Alan Dee: Those ad break mini-dramas are a real turn-off

Sometimes you know it’s not worth letting something gnaw away at your vitals and boost your blood pressure towards the red line, but you just can’t help it.

And the issue that has cornered my goat and is poking it with a pointed stick is trivial enough, to be sure. It’s concerned with TV, and what could be more trivial than that? Well, TV commercial breaks, since you ask, but let’s not get too complicated.

So here we go: Please, could somebody somewhere take everyone concerned to one side and gently inform them of the facts of life.

People, those pathetic little bite-sized dramas which are expensively designed to highlight your client’s sponsorship of a particular programme don’t work. In fact, they do more harm than good and you should give them up as a bad job.

You’re all aware of the phenomenon, I’m sure. A big brand slaps down a serious wedge to have their name associated with a TV hit, and wants to get value for money.

A mere name check isn’t enough. The creative types convince them that little scenes, themed to the parent programme but featuring those core brand values that everyone is so concerned about, are just what the doctor ordered.

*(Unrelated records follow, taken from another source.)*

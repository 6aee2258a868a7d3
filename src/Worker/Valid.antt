-- ===== src/Worker/Valid.antt =====
-- The statements of the webhook worker keep the invariant of Invariant.antt, in every project.
use specbook.Base.{refl, ◌≡◌, Bool, List}
use specbook.Rows.{Task}
use specbook.Action.{Db}
use specbook.Action.Keeps.{Keeps, Keeps-bind, Keeps-pure, Keeps-modify, Keeps-then, Keeps-check}
use specbook.TaskRepository.{update_where}
use specbook.Invariant.{IsValid}
use specbook.Invariant.Statements.{Keeps-update_where, same_but}
use specbook.Handlers.{KeepsClaim}
use specbook.Handlers.Edits.{plain}
use specbook.Worker.{Job, GithubWebhookJobPayload}
use specbook.Worker.Projects.{ProjectRow}
use specbook.Worker.Progress.{
  worker_finalize_merged, worker_merged_patch, worker_approve, worker_approved_patch,
}
use specbook.Worker.Deploy.{insert_deployment, enqueue_deploy}
use specbook.Worker.Events.{
  pr_patch, ci_patch, completed_patch, escalated_patch, retried_patch, update_projects, ask_rerun,
}
use specbook.Worker.Rules.{WorkerRules}
use specbook.Worker.Keeps.{process_at}
use specbook.Worker.Events.{process}

pub WorkerRules-IsValid :
    (job : Job) (event : GithubWebhookJobPayload) (projects : List ProjectRow)
    → WorkerRules IsValid job event projects
unfolding pr_patch ci_patch completed_patch escalated_patch retried_patch update_projects ask_rerun
    worker_finalize_merged worker_merged_patch worker_approve worker_approved_patch
    insert_deployment enqueue_deploy
WorkerRules-IsValid job event projects = record {
  Known = λ id. Unit;
  Approves = λ id. Unit;
  Finishes = λ id n. Unit;
  Matched = λ id. Unit;
  known = λ db t h m own. tt;
  approves = λ db t h m c review. tt;
  finishes = λ db t h m c n landed. tt;
  matched = λ db t e h m is_e hit. tt;
  record_pr = λ e is_e. write _ _ (λ t. refl) (λ t. refl) (λ t h. h);
  complete = λ e ids is_e landed all. write _ _ (λ t. refl) (λ t. refl) (λ t h. refl);
  record_ci = λ e c is_e. write _ _ (λ t. refl) (λ t. refl) (λ t h. h);
  escalate = λ ids all. write _ _ (λ t. refl) (λ t. refl) (λ t h. h);
  mark_retried = λ e ids all. write _ _ (λ t. refl) (λ t. refl) (λ t h. h);
  approve = λ id may. write _ _ (λ t. refl) (λ t. refl) (λ t h. refl);
  finish = λ id n may.
      Keeps-bind IsValid _ _ (write _ _ (λ t. refl) (λ t. refl) (λ t h. refl))
        (λ rows. Keeps-pure IsValid tt);
  resume = λ p m. Keeps-modify IsValid _ (λ db h. same_but db _ refl refl h);
  pause = λ p c m. Keeps-modify IsValid _ (λ db h. same_but db _ refl refl h);
  add_deployment = λ p env. Keeps-modify IsValid _ (λ db h. same_but db _ refl refl h);
  enqueue = λ id.
      Keeps-then IsValid _ _ (Keeps-check IsValid _)
        (Keeps-modify IsValid _ (λ db h. same_but db _ refl refl h));
  rerun = λ e. Keeps-modify IsValid _ (λ db h. same_but db _ refl refl h);
}
  where
    write :
        (p : Db → Task → Bool) (f : Task → Task)
        → ((t : Task) → (f t).id ≡ t.id)
        → ((t : Task) → (f t).project_id ≡ t.project_id)
        → KeepsClaim f
        → Keeps IsValid (update_where job.now p f)
    write p f same_id same_project claims =
        Keeps-update_where job.now p f (plain f same_id same_project) claims

-- An event, whatever GitHub and the queue answer, leaves valid tables valid.
pub process-IsValid :
    (job : Job) (event : GithubWebhookJobPayload) (db : Db)
    → IsValid db
    → IsValid (process job event db).1
process-IsValid job event db h =
    process_at IsValid job event db (λ org found. WorkerRules-IsValid job event _) h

But they’re not. More often than not, the creative concept is duffer than a Shake’N’Vac campaign, the jokes are poor and the brand plugging risible.

Usually they are designed to make you chuckle in some way, but they leave me stone-faced and seething the more often I am subjected to them – and we all know that hit programmes crowbar in even more ad breaks, don’t we?

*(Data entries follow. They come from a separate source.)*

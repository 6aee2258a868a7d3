-- ===== src/Invariant/Transition.antt =====
-- The swap of a transition keeps the invariant.
use specbook.Base.{ℕ, ◌≡◌, ◌≢◌, sym, Bool, true, false, ◌&&◌, arith, ◌==◌}
use mathlib.Core.Path.{subst}
use specbook.Rows.{Task, Actor, user, agent, Status}
use specbook.Protocol.{
  includes, agent_task_transitions, human_task_transitions, assignee_task_transitions,
  autonomous_task_transitions,
}
use specbook.Protocol.Moves.{moves_change_status}
use specbook.Action.{Db}
use specbook.Action.Keeps.{Keeps-pure, bind_at}
use specbook.Session.{Session}
use specbook.TaskRepository.{cas_update_status}
use specbook.TaskService.Plan.{TransitionRequest, TransitionPlan, moves_of, status_patch}
use specbook.Invariant.{IsValid, ClaimOk}
use specbook.Invariant.Statements.{KeepsRow, update_where_at}
use specbook.Invariant.Access.{require_task_row}
use specbook.Invariant.Planned.{Planned}
use specbook.Handlers.Edits.{plain}

-- Every map is a part of the autonomous one.
pub moves_within_autonomous :
    (actor : Actor) (dispatches executor : Bool) (from to : Status)
    → includes to (moves_of actor dispatches executor from) ≡ true
    → includes to (autonomous_task_transitions from) ≡ true
unfolding moves_of agent_task_transitions human_task_transitions assignee_task_transitions
    autonomous_task_transitions
moves_within_autonomous agent true executor from to h = h
moves_within_autonomous agent false executor from to h = ground arith
moves_within_autonomous user dispatches true from to h = ground arith
moves_within_autonomous user dispatches false from to h = ground arith

-- Every move of every actor goes to another status.
pub moved_away :
    (actor : Actor) (dispatches executor : Bool) (from to : Status)
    → includes to (moves_of actor dispatches executor from) ≡ true
    → from ≢ to
moved_away actor dispatches executor from to h =
    let within = moves_within_autonomous actor dispatches executor from to h in
    moves_change_status from to (ground arith)

-- Every move of the autonomous map leaves the claim as the new status wants it.
pub status_patch-ClaimOk :
    (s : Session) (t : Task) (to : Status)
    → includes to (autonomous_task_transitions t.status) ≡ true
    → ClaimOk t
    → ClaimOk (status_patch s t to t)
unfolding status_patch autonomous_task_transitions
status_patch-ClaimOk s t to allowed h = ground arith

pub status_patch-KeepsRow :
    (s : Session) (current : Task) (to : Status) → KeepsRow (status_patch s current to)
unfolding status_patch
status_patch-KeepsRow s current to = plain _ (λ t. ground arith) (λ t. ground arith)

hit_id : (db : Db) (t : Task) (id : ℕ) (b c : Bool) → (t.id == id && b && c) ≡ true → t.id ≡ id
hit_id db t id b c h = ground arith

-- The swap of a plan keeps the invariant.
pub swap_at :
    (s : Session) (actor : Actor) (dto : TransitionRequest) (db : Db) (plan : TransitionPlan)
    → Planned s actor dto db plan
    → IsValid db
    → IsValid
        (cas_update_status s.now plan.current.id s.active_user.org_id plan.current.status
          (status_patch s plan.current dto.to)
          db).1
unfolding cas_update_status
swap_at s actor dto db plan p h =
    let row = require_task_row s.active_user dto.id true db p.found in
    bind_at IsValid _ _ db
      (update_where_at s.now _ (status_patch s plan.current dto.to)
        (status_patch-KeepsRow s plan.current dto.to) db
        (λ t m hit.
          subst (λ x. ClaimOk (status_patch s plan.current dto.to x))
            (sym (h.unique t plan.current m row.0 (hit_id db t plan.current.id _ _ hit)))
            (status_patch-ClaimOk s plan.current dto.to
              (moves_within_autonomous actor _ _ plan.current.status dto.to p.allowed)
              (h.claimed plan.current row.0)))
        h)
      (λ rows. Keeps-pure IsValid _)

Usually the budget will only stretch to four of five sketches – all created with production values which sometimes put the programme being sponsored to shame, so heaven knows the cost involved – so that by the end of the first episode of the series you’ve seen them all at least once and are well on the way to being heartily sick of the sight of them.

And remind me, how are most people watching programmes these days?

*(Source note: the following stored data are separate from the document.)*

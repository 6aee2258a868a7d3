-- ===== src/Invariant/Valid.antt =====
-- The statements of the services keep the invariant.
use specbook.Base.{ℕ, refl, List}
use specbook.Action.{Db}
use specbook.Action.Keeps.{Keeps}
use specbook.Session.{Session}
use specbook.TaskRepository.{insert_task, bulk_promote_drafts_to_ready}
use specbook.TaskService.Edits.{CreateTaskRequest, new_task}
use specbook.Invariant.{IsValid}
use specbook.Invariant.Statements.{
  Keeps-update_where, Keeps-update, Keeps-cas, Keeps-create_comment, Keeps-ack_notes,
  Keeps-create_notification, Keeps-detach_dependents, Keeps-delete_dependency,
}
use specbook.Invariant.Rows.{Fresh, insert_task_at, delete_task_at}
use specbook.Invariant.Dependencies.{Keeps-add_dependency}
use specbook.Invariant.Transition.{swap_at}
use specbook.Handlers.{Rules}
use specbook.Handlers.Edits.{plain}

inserted :
    (s : Session) (new_id : ℕ) (dto : CreateTaskRequest) (db : Db)
    → Fresh db new_id
    → IsValid db
    → IsValid (insert_task (new_task s new_id dto) db).1
unfolding new_task
inserted s new_id dto db fresh h = insert_task_at (new_task s new_id dto) db fresh refl h

promoted :
    (now org_id : ℕ) (ids : List ℕ) (by_user : ℕ)
    → Keeps IsValid (bulk_promote_drafts_to_ready now org_id ids by_user)
unfolding bulk_promote_drafts_to_ready
promoted now org_id ids by_user =
    Keeps-update_where now _ _ (plain _ (λ t. refl) (λ t. refl)) (λ t h. refl)

pub Rules-IsValid : (s : Session) → Rules IsValid s
Rules-IsValid s = record {
  update_row = λ id f k claims. Keeps-update s.now id s.active_user.org_id f k claims;
  swap_row = λ id from f k claims. Keeps-cas s.now id s.active_user.org_id from f k claims;
  swap_planned = swap_at s;
  insert_row = λ new_id dto db fresh checked h. inserted s new_id dto db fresh h;
  delete_row = λ id. record { at = delete_task_at id s.active_user.org_id };
  promote_rows = λ ids. promoted s.now s.active_user.org_id ids s.active_user.user_id;
  add_edge = Keeps-add_dependency s;
  remove_edge = Keeps-delete_dependency;
  detach_edges = Keeps-detach_dependents;
  add_comment_row = Keeps-create_comment;
  read_notes = λ id. Keeps-ack_notes s.now id s.active_user.org_id;
  add_notification = Keeps-create_notification;
}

That’s right, using series record and catch-up services which mean they can zip through the ads and save themselves 15 minutes of their lives on each instalment.

There is only one benefit from these pathetic snatches of flummery, and that’s giving those of us sprinting through the commercial messages at x32 fast forward a visual alert when they should press the button in a bid to seamlessly rejoin the story without having to fiddle around with the rewind.

Just sticking the word STOP in large letters on the screen for five seconds would do that job just as well, and be a sight cheaper, don’t you think?